_Exercise_. Only lines with the string "made" should be returned from the data below.

+ + + +

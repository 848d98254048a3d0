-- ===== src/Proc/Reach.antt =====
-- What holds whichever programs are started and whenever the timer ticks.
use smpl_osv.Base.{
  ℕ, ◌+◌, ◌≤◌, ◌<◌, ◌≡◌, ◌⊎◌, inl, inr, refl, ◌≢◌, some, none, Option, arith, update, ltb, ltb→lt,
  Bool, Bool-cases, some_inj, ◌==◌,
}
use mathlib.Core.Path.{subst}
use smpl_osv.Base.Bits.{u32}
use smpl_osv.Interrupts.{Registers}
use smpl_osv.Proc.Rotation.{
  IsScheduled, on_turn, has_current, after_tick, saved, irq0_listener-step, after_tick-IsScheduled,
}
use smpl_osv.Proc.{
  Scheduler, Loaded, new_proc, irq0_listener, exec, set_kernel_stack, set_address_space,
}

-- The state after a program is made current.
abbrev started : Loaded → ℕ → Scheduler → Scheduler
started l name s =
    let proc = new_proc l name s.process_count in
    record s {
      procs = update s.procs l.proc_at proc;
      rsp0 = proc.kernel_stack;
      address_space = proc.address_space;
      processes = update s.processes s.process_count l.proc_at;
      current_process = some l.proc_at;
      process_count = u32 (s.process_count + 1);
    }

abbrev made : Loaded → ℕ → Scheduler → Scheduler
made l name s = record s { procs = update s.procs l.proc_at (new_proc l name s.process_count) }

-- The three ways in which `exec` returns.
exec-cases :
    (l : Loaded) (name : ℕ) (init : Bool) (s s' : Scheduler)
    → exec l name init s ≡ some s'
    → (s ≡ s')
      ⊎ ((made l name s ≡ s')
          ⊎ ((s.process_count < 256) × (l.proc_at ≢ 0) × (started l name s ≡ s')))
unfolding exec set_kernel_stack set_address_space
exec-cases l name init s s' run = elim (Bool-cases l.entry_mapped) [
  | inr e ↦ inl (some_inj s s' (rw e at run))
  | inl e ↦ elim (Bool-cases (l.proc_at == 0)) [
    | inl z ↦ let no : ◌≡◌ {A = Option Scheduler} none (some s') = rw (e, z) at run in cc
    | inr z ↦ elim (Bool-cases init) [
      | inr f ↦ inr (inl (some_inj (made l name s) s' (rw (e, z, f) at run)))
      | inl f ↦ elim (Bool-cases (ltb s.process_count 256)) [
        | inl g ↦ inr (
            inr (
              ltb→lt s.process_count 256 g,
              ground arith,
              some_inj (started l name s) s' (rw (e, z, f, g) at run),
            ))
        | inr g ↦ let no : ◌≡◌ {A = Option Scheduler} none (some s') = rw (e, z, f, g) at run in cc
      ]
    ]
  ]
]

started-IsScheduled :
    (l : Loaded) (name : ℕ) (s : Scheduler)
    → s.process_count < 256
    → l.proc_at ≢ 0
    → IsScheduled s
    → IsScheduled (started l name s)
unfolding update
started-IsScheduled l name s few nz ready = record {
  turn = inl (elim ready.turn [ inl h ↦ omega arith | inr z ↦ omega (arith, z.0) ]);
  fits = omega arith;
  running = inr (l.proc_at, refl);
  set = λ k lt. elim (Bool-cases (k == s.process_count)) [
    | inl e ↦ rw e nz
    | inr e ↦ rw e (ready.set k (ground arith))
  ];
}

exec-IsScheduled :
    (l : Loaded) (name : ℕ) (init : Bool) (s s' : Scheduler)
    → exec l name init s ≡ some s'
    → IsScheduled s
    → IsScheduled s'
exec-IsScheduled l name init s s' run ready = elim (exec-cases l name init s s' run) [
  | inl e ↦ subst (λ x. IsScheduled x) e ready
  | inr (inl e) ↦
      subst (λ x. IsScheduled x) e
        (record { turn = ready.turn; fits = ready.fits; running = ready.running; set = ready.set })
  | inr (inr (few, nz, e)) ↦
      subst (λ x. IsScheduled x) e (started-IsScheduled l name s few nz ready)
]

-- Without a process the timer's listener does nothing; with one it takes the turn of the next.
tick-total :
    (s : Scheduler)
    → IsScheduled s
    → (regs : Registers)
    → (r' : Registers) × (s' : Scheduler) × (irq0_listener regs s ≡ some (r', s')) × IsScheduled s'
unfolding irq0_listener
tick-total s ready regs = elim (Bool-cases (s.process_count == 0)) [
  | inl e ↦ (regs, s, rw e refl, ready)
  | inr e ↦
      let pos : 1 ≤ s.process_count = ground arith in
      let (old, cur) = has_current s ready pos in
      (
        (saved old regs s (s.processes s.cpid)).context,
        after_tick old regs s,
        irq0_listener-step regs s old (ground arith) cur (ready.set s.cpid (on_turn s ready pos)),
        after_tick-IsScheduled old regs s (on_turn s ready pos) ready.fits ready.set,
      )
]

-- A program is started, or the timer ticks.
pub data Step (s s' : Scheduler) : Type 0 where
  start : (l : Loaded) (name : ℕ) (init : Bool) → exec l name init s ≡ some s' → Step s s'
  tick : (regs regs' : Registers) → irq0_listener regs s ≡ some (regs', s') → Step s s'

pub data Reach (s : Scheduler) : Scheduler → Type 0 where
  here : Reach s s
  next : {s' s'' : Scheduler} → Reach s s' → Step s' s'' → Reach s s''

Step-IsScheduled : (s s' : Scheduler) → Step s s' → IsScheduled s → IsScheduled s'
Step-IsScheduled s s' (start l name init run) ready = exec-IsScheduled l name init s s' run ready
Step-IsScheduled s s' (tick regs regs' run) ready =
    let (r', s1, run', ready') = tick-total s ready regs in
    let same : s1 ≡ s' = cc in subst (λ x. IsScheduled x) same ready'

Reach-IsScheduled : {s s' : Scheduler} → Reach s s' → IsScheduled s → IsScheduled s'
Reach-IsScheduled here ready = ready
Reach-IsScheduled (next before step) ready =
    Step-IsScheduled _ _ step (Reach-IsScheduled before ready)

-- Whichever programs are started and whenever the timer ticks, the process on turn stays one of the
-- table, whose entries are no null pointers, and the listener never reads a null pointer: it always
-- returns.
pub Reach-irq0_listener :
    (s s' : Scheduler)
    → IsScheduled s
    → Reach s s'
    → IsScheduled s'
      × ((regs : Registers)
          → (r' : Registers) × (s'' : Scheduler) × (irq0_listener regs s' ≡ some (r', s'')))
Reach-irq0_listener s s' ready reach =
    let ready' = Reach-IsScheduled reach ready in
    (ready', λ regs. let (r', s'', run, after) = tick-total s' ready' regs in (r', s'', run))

+ + + +

_Task answer_.
-- The state after a program is made current.
abbrev made : Loaded → ℕ → Scheduler → Scheduler
made l name s = record s { procs = update s.procs l.proc_at (new_proc l name s.process_count) }
      ⊎ ((made l name s ≡ s')
      | inr f ↦ inr (inl (some_inj (made l name s) s' (rw (e, z, f) at run)))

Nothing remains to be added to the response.